- _Activity_
Scan the data below and copy each line where "fuel" occurs.

- _Information_
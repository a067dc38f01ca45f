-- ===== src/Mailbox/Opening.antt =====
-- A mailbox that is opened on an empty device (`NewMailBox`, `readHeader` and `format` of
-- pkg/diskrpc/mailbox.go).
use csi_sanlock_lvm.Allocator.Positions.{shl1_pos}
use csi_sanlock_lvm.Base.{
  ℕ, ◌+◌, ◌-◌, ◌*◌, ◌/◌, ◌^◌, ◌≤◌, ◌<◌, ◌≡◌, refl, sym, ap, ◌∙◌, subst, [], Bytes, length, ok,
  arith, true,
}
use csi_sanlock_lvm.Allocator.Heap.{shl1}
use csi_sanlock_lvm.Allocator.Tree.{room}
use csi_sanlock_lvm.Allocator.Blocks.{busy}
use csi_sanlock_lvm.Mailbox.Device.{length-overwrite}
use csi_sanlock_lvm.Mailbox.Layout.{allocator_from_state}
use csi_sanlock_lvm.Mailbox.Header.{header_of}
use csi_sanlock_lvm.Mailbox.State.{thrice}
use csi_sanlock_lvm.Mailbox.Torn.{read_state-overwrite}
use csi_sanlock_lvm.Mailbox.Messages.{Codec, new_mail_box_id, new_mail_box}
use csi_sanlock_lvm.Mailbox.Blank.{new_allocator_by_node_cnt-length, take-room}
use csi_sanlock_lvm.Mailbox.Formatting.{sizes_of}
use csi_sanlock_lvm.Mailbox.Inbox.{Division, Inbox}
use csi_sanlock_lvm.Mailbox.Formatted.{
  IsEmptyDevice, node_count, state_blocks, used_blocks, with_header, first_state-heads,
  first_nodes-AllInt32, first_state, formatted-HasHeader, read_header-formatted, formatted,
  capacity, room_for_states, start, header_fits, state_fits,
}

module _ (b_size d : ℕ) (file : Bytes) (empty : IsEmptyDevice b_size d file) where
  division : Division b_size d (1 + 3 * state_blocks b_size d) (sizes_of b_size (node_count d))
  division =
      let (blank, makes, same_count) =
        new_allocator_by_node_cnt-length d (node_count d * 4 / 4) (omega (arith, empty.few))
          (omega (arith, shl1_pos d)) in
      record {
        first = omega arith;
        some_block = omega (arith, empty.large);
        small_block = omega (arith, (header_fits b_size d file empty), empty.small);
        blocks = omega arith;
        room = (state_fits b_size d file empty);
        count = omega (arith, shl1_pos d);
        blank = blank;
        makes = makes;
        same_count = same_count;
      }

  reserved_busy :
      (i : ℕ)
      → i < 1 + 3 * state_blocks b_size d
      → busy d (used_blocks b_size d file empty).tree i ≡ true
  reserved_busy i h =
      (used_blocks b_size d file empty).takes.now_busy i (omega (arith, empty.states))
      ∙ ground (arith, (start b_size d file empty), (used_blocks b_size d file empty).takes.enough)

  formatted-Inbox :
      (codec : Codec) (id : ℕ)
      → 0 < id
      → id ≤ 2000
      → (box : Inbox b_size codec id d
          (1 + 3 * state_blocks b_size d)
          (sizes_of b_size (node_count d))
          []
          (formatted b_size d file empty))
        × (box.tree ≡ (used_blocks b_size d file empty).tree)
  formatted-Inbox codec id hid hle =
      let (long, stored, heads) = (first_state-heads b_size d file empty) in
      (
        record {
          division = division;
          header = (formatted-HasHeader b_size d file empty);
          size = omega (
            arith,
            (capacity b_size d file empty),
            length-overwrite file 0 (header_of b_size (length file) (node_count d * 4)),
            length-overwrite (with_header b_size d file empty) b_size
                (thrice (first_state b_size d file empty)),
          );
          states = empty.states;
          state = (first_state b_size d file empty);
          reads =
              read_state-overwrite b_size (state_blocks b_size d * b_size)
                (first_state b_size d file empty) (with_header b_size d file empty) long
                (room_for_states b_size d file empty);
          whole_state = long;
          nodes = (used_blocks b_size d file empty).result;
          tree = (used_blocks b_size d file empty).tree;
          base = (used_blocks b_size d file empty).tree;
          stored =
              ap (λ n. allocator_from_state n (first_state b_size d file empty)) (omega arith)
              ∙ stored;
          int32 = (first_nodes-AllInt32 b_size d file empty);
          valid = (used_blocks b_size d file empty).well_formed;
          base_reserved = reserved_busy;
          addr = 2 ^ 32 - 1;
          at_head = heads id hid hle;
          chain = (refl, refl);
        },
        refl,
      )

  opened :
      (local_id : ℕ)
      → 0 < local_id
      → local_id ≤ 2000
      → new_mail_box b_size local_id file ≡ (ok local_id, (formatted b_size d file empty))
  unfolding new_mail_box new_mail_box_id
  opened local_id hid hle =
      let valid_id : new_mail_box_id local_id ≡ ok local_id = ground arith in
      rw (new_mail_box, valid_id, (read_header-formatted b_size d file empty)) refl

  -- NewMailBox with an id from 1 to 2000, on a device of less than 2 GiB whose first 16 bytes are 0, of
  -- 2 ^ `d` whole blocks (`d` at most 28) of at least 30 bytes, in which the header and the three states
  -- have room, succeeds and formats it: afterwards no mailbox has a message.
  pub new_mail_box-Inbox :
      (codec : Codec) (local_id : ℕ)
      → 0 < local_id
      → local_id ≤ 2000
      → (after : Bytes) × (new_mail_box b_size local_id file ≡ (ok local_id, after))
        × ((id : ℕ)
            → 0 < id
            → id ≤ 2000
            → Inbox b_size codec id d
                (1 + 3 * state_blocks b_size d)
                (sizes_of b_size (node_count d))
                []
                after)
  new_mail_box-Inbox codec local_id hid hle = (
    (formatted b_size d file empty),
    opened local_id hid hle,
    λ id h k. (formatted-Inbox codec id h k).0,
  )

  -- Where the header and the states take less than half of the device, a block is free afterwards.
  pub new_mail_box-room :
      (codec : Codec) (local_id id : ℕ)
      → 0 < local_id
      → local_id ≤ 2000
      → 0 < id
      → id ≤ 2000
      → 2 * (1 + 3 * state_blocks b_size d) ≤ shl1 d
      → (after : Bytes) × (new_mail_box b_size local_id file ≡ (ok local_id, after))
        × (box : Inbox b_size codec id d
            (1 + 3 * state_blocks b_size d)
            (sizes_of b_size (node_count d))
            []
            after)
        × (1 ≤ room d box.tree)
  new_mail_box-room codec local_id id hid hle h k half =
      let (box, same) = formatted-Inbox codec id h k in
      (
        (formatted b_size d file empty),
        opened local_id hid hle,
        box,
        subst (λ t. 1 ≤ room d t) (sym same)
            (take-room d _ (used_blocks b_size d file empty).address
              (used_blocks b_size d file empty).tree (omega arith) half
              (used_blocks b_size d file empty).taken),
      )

* * *

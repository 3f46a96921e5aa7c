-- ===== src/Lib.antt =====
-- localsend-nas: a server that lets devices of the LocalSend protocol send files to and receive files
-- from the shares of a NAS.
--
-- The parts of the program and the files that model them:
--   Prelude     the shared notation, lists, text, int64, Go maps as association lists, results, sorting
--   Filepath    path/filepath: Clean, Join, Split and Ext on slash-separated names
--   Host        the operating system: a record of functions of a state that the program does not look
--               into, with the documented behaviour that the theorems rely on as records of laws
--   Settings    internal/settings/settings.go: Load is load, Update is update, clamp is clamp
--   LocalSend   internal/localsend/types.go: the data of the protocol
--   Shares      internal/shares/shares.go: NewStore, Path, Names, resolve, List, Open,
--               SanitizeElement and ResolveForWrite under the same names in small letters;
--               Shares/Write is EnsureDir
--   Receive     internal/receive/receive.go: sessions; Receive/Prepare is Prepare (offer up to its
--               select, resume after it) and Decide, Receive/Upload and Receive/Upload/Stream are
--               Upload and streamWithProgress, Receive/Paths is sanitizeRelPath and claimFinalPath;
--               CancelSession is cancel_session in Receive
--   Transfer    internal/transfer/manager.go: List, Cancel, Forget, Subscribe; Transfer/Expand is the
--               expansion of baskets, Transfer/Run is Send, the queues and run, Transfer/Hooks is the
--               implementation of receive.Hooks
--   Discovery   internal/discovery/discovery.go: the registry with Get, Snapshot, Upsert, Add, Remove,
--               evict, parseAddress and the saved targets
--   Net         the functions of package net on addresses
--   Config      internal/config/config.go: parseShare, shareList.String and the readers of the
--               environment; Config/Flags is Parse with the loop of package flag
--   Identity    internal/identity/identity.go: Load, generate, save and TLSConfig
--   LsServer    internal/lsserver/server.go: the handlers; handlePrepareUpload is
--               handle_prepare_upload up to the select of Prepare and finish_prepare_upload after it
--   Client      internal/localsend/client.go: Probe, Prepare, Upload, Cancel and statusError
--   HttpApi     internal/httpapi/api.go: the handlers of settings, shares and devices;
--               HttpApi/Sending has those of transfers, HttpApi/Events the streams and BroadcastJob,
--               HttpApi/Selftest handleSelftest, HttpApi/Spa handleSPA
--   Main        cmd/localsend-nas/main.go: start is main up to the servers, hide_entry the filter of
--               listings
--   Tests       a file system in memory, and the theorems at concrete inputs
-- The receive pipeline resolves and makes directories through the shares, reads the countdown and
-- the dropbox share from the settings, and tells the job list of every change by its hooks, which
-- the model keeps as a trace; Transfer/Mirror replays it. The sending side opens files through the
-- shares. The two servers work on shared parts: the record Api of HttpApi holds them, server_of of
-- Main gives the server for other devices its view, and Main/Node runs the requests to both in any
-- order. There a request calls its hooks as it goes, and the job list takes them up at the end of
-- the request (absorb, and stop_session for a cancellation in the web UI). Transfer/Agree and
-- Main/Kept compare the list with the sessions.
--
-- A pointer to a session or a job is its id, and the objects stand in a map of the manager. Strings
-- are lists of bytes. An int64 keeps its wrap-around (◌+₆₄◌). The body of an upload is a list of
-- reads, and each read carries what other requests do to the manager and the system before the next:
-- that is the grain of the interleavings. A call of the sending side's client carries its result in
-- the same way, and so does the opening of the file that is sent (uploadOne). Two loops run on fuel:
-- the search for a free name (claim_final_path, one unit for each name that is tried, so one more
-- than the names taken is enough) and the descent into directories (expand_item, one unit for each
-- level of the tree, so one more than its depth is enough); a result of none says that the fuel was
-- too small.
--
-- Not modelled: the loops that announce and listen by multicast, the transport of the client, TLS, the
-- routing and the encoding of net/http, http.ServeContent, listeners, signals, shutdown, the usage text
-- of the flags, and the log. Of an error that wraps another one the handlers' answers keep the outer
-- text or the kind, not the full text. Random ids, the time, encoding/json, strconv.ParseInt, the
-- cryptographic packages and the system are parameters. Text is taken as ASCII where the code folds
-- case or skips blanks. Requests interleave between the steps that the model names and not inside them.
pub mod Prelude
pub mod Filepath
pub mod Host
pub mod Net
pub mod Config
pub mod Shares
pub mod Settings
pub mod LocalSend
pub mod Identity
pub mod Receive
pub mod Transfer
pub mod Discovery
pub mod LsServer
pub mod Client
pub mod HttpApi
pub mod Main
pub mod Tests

- _Finished task_
-- the same way, and so does the opening of the file that is sent (uploadOne). Two loops run on fuel:
-- level of the tree, so one more than its depth is enough); a result of none says that the fuel was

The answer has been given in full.